Скульптура, которая в 2014–2015 годы была выставлена на ретроспективе Гобера «Сердце – не метафора» в Музее современного искусства, представляет собой сделанный из воска муляж мужской правой ноги, отрезанной ниже колена и торчащей из белой стены галереи на уровне пола. Из ноги торчат настоящие человеческие волосы, на ней темно-серая брючина, светло-серый носок и старый коричневый кожаный башмак, указывающий носком в потолок. Нога слегка вывернута наружу, как будто она расслаблена или упала, или как если бы владелец ноги как раз засыпал, и тут стена разрезала ее надвое. Серая брючина подвернута и слишком коротка; она открывает взгляду широкую полоску волосатой бледной плоти, указывая на то, что на ее бедняге-владельце надеты дешевые поношенные брюки, которые ему коротки.
«Нога без названия» оставляет ощущение насмешливо-ироничной непристойности, которое дополняли другие произведения Гобера на выставке в MoMA, например «Без названия (Мужчина, выходящий из женщины)» (1993–1994). Эта чудовищная скульптура Гобера, сделанная из воска, человеческих волос и кожаного ботинка, связывает «Ногу без названия» с двумя известными живописными полотнами – эротическим шедевром Курбе «Начало мира» (изображенные крупным планом женские гениталии) и сюрреалистической картиной Рене Магритта «Пронзенное время» (дымящий паровоз, выезжающий из камина). Произведение «Без названия (Мужчина, выходящий из женщины)» – волосатая мужская нога без штанов, но в носке и ботинке, которая вылезает не из камина, а из вагины сделанного из воска обнаженного женского торса. На выставке в MoMA эта скульптура была приделана к полу в одном из углов галереи.
Сама по себе «Нога без названия» кажется скорее жалкой, чем вульгарной или непристойной. Единственным расположенным поблизости от нее произведением искусства был неглубокий пустой шкаф без дверей, врезанный в стену галереи. Как и «Нога без названия», шкаф был усеченным, ненужным, безнадежным и брошенным – хотя он при этом как будто балансировал на грани извращения.
«Нога без названия» также казалась весьма безжизненной.

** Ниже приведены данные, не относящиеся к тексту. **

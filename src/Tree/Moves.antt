-- ===== src/Tree/Moves.antt =====
-- The steps of `perform_compaction` on a level: a new run is made, and the runs of a level are deleted.
use cs.Prelude.{ℕ, suc, ◌+◌, ◌≡◌, ap, ◌∙◌, List, [], ◌∷◌, ◌++◌, some, length, get_elem?, set}
use cs.Result.{ok}
use cs.Pair.{KeyValuePair}
use cs.Double.{Doubles}
use cs.Store.{Store}
use cs.Run
use cs.Run.{Run, data_filename}
use cs.Level
use cs.Level.{Level, delete_all}
use cs.Tree.{LsmTree, TreeAction, clear_level, add_run_at, calculate_fpr_for_level}
use cs.Tree.Compact.{append_run, compact_if_due, move_down}
use cs.Tree.Splits.{get_elem?-middle, set-middle, get_elem?-behind, set-behind}

-- The level without its runs.
abbrev pub cleared : Level → Level
cleared l = record l { runs = [] }

pub clear_level_lem :
    (a : ℕ) (l : Level) (t : LsmTree) (s : Store)
    → get_elem? t.levels a ≡ some l
    → delete_all l.runs t.store ≡ (ok tt, s)
    → clear_level a t ≡ (ok tt, record t { levels = set t.levels a (cleared l); store = s })
unfolding clear_level Level.clear_runs
clear_level_lem a l t s there e = rw (there, e)

module _ (d : Doubles) (sort : List KeyValuePair → List KeyValuePair) where
  pub append_run_lem :
      (ps : List KeyValuePair) (b n : ℕ) (m : Level) (r : Run) (t : LsmTree) (s : Store)
      → get_elem? t.levels b ≡ some m
      → Run.create d ps b n (calculate_fpr_for_level d t.max_level b) t.store ≡ (ok r, s)
      → append_run d sort ps b n t
        ≡ (ok tt, record t { levels = set t.levels b (Level.add_run m r); store = s })
  unfolding append_run add_run_at
  append_run_lem ps b n m r t s there e = rw (e, there)

  -- A tree in which a level is picked out, and a deeper one.
  module _ (next : ℕ → TreeAction (Unit {0})) (t : LsmTree) (above : List Level) (l : Level)
      (mid : List Level) (m : Level) (deeper : List Level) where
    abbrev a : ℕ
    a = length above

    abbrev b : ℕ
    b = length above + suc (length mid)

    abbrev before : LsmTree
    before = record t { levels = above ++ l ∷ (mid ++ m ∷ deeper) }

    unfoldable pub moved : Run → Store → LsmTree
    moved r s = record t {
      levels = above ++ cleared l ∷ (mid ++ Level.add_run m r ∷ deeper);
      store = s;
    }

    pub target_there :
        (x y : Level)
        → get_elem? (above ++ x ∷ (mid ++ y ∷ deeper)) (length above + suc (length mid)) ≡ some y
    target_there x y =
        get_elem?-behind above (suc (length mid)) (x ∷ (mid ++ y ∷ deeper))
        ∙ get_elem?-middle mid y deeper

    target_set :
        (x y z : Level)
        → set (above ++ x ∷ (mid ++ y ∷ deeper)) (length above + suc (length mid)) z
          ≡ above ++ x ∷ (mid ++ z ∷ deeper)
    target_set x y z =
        set-behind above (suc (length mid)) z (x ∷ (mid ++ y ∷ deeper))
        ∙ ap (λ ls. above ++ x ∷ ls) (set-middle mid y z deeper)

    -- The pairs go to a new run of the deeper level, and the runs of the other one are deleted.
    pub move_down_lem :
        (ps : List KeyValuePair) (r : Run) (s₁ s₂ : Store)
        → Run.create d ps b (length m.runs) (calculate_fpr_for_level d t.max_level b) t.store
          ≡ (ok r, s₁)
        → delete_all l.runs s₁ ≡ (ok tt, s₂)
        → move_down d sort next ps a b (length m.runs) before
          ≡ compact_if_due d sort next b (moved r s₂)
    unfolding moved
    move_down_lem ps r s₁ s₂ made gone =
        let longer = above ++ l ∷ (mid ++ Level.add_run m r ∷ deeper) in
        let grown : LsmTree = record t { levels = longer; store = s₁ } in
        let appended =
          append_run_lem ps b (length m.runs) m r before s₁ (target_there l m) made
          ∙ ap (λ ls. (ok tt, record t { levels = ls; store = s₁ }))
              (target_set l m (Level.add_run m r)) in
        let emptied =
          clear_level_lem a l grown s₂
            (get_elem?-middle above l (mid ++ Level.add_run m r ∷ deeper)) gone
          ∙ ap (λ ls. (ok tt, record t { levels = ls; store = s₂ }))
              (set-middle above l (cleared l) (mid ++ Level.add_run m r ∷ deeper)) in
        rw (appended, emptied)
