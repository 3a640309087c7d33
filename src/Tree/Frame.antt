-- ===== src/Tree/Frame.antt =====
-- What the levels hold depends on the data files under their names only.
use cs.Prelude.{
  ℕ, suc, ◌+◌, ◌≡◌, ◌≢◌, ◌<◌, ◌≤◌, refl, sym, ap, ◌∙◌, List, [], ◌∷◌, arith, length, Bool,
}
use cs.Result.{ok}
use cs.Pair.{KeyValuePair}
use cs.Store.{FileName, Store, same_name}
use cs.Run
use cs.Run.{Run, data_filename, bloom_filename, fence_filename}
use cs.Run.Holds.{Holds}
use cs.Run.Create.{OnlyFilesOf}
use cs.Run.Names.{same_name-data_filename}
use cs.Level.{Level, delete_all}
use cs.Tree.Holds.{RunsHold, LevelsHold}
use cs.Tree.Names.{RunsNamed, LevelsNamed}

-- The data file of run `j` of level `i` is the same.
abbrev pub SameFile : Store → Store → ℕ → ℕ → Type 0
SameFile s s' i j = s'.disk (data_filename i j) ≡ s.disk (data_filename i j)

pub Holds-SameFile :
    (s s' : Store) (i j : ℕ) (r : Run) (ps : List KeyValuePair)
    → SameFile s s' i j
    → r.filename ≡ data_filename i j
    → Holds s r ps
    → Holds s' r ps
Holds-SameFile s s' i j r ps x e h =
    let at = λ (y : Store). ap y.disk e in
    record {
      stored = at s' ∙ x ∙ sym (at s) ∙ h.stored;
      fits = h.fits;
      ascending = h.ascending;
      counted = h.counted;
      filtered = h.filtered;
      indexed = h.indexed;
    }

module _ (s s' : Store) where
  pub RunsHold-SameFile :
      (i j : ℕ) (rs : List Run) (pss : List (List KeyValuePair))
      → ((k : ℕ) → j ≤ k → k < j + length rs → SameFile s s' i k)
      → RunsNamed i j rs
      → RunsHold s rs pss
      → RunsHold s' rs pss
  RunsHold-SameFile i j [] [] x e h = tt
  RunsHold-SameFile i j [] (ps ∷ pss) x e h = h
  RunsHold-SameFile i j (r ∷ rs) [] x e h = h
  RunsHold-SameFile i j (r ∷ rs) (ps ∷ pss) x e h = (
    Holds-SameFile s s' i j r ps (x j (omega arith) (omega arith)) e.0 h.0,
    RunsHold-SameFile i (suc j) rs pss (λ k a b. x k (omega arith) (omega arith)) e.1 h.1,
  )

  pub LevelsHold-SameFile :
      (i : ℕ) (ls : List Level) (psss : List (List (List KeyValuePair)))
      → ((m k : ℕ) → i ≤ m → m < i + length ls → SameFile s s' m k)
      → LevelsNamed i ls
      → LevelsHold s ls psss
      → LevelsHold s' ls psss
  LevelsHold-SameFile i [] [] x e h = tt
  LevelsHold-SameFile i [] (pss ∷ psss) x e h = h
  LevelsHold-SameFile i (l ∷ ls) [] x e h = h
  LevelsHold-SameFile i (l ∷ ls) (pss ∷ psss) x e h = (
    RunsHold-SameFile i 0 l.runs pss (λ k a b. x i k (omega arith) (omega arith)) e.0 h.0,
    LevelsHold-SameFile (suc i) ls psss (λ m k a b. x m k (omega arith) (omega arith)) e.1 h.1,
  )

-- A new run leaves the data files of the others alone.
pub OnlyFilesOf-SameFile :
    (s s' : Store) (m n i j : ℕ)
    → OnlyFilesOf (data_filename m n) s s'
    → ¬ ((m ≡ i) × (n ≡ j))
    → SameFile s s' i j
OnlyFilesOf-SameFile s s' m n i j only apart =
    let (own, bloom, fence) = same_name-data_filename m n i j apart in
    only (data_filename i j) own bloom fence

-- The store without the files of a run.
without : Run → Store → Store
unfolding Run.delete_files_from_disk
without r s = (Run.delete_files_from_disk r s).1

without-SameFile :
    (r : Run) (s : Store) (m n i j : ℕ)
    → r.filename ≡ data_filename m n
    → m ≢ i
    → SameFile s (without r s) i j
unfolding without Run.delete_files_from_disk
without-SameFile r s m n i j e h =
    let (own, bloom, fence) = same_name-data_filename m n i j (λ p. h p.0) in
    let named = λ (f : FileName → Bool). ap f e in
    let own' = named (λ f. same_name f (data_filename i j)) ∙ own in
    let bloom' = named (λ f. same_name (bloom_filename f) (data_filename i j)) ∙ bloom in
    let fence' = named (λ f. same_name (fence_filename f) (data_filename i j)) ∙ fence in
    rw (fence', bloom', own')

-- The runs of a level are deleted with their files, and the data files of other levels stay.
pub delete_all-SameFile :
    (m n : ℕ) (rs : List Run) (s : Store)
    → RunsNamed m n rs
    → (s' : Store) × (delete_all rs s ≡ (ok tt, s'))
      × (s'.writable ≡ s.writable)
      × (s'.write_io_count ≡ s.write_io_count)
      × ((i j : ℕ) → m ≢ i → SameFile s s' i j)
unfolding delete_all Run.delete_files_from_disk without
delete_all-SameFile m n [] s e = (s, refl, refl, refl, λ i j h. refl)
delete_all-SameFile m n (r ∷ rs) s e =
    let bare = without r s in
    let (s', run, rights, count, same) = delete_all-SameFile m (suc n) rs bare e.1 in
    (s', run, rights, count, λ i j h. same i j h ∙ without-SameFile r s m n i j e.0 h)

Но ведь бездействие – часть движущей силы скульптуры, ее ироничной шутки, которая, как и все репродукции живых объектов, достигает апофеоза, когда вы напрасно ждете, пока она придет в движение, думая, что если терпеливо стоять, наблюдать и ждать – как вы и сделали бы, если бы увидели серебряную монету, приклеенную к половице, – то вы увидите столь же озадаченную реакцию других зрителей. Различные ассоциации, которые вызывает «Нога без названия» – включая винтажные протезы, скульптуры сюрреалистов и дадаистов и смотровые окна, – позволяют унылой, придурковатой простоте и комической ненужности данной работы вобрать в себя идею реди-мейда, выйти за ее пределы и даже посмеяться над этим понятием. Эти качества накапливаются в геометрической прогрессии, многократно усиливая исходящее от скульптуры ощущение иронии и умалчивания, которое, особенно в общем контексте выставки «Сердце – не метафора», пронизывают «Ногу без названия» томительной меланхолией и раздражением как от зудящего укуса, который не почесать. Возможно, это и делает скульптуру Гобера своего рода фантомной конечностью современного искусства.
Глава 14
Превращение
Ричард Таттл: Белый шарик, синий свет
Инсталляция «Белый шарик, синий свет» (1992; ил. 13
) Ричарда Таттла, показанная в рамках ретроспективы в Музее американского искусства Уитни, состояла из надутого белого шарика, прикрепленного на стыке белой стены и голубоватого пола галереи. Прозаический парадокс: шарик был слишком тяжел, чтобы сдвинуться даже от поднятого прохожими ветра, и он просто упал, осел на пол и, прижимаясь к стене, умирал. Колеблющаяся, нарисованная карандашом линия, похожая на неподвижную обвисающую нитку, ползла вверх по стене, привязывая шарик к высокому потолку. Эта линия заставляла посмотреть наверх, будто устремляя взгляд на крышу, с которой только что спрыгнул или упал человек. Таттл осветил эту сцену тусклым синим светом, напоминавшим о ложащихся на снег сумерках, – светом, который как будто бы тоже медленно умирает. Невдалеке разместили несколько других небольших работ Таттла – картин и барельефов (от каждого из этих экспонатов шла к потолку одинокая карандашная линия), рядком прикрепив их к этой же стене всего в паре сантиметров над полом. Они висели там, как неподвижные воздушные змеи в безветренный день. Увидеть эти сиротливые работы можно было, только опустившись на колени, как будто присев над жертвой несчастного случая.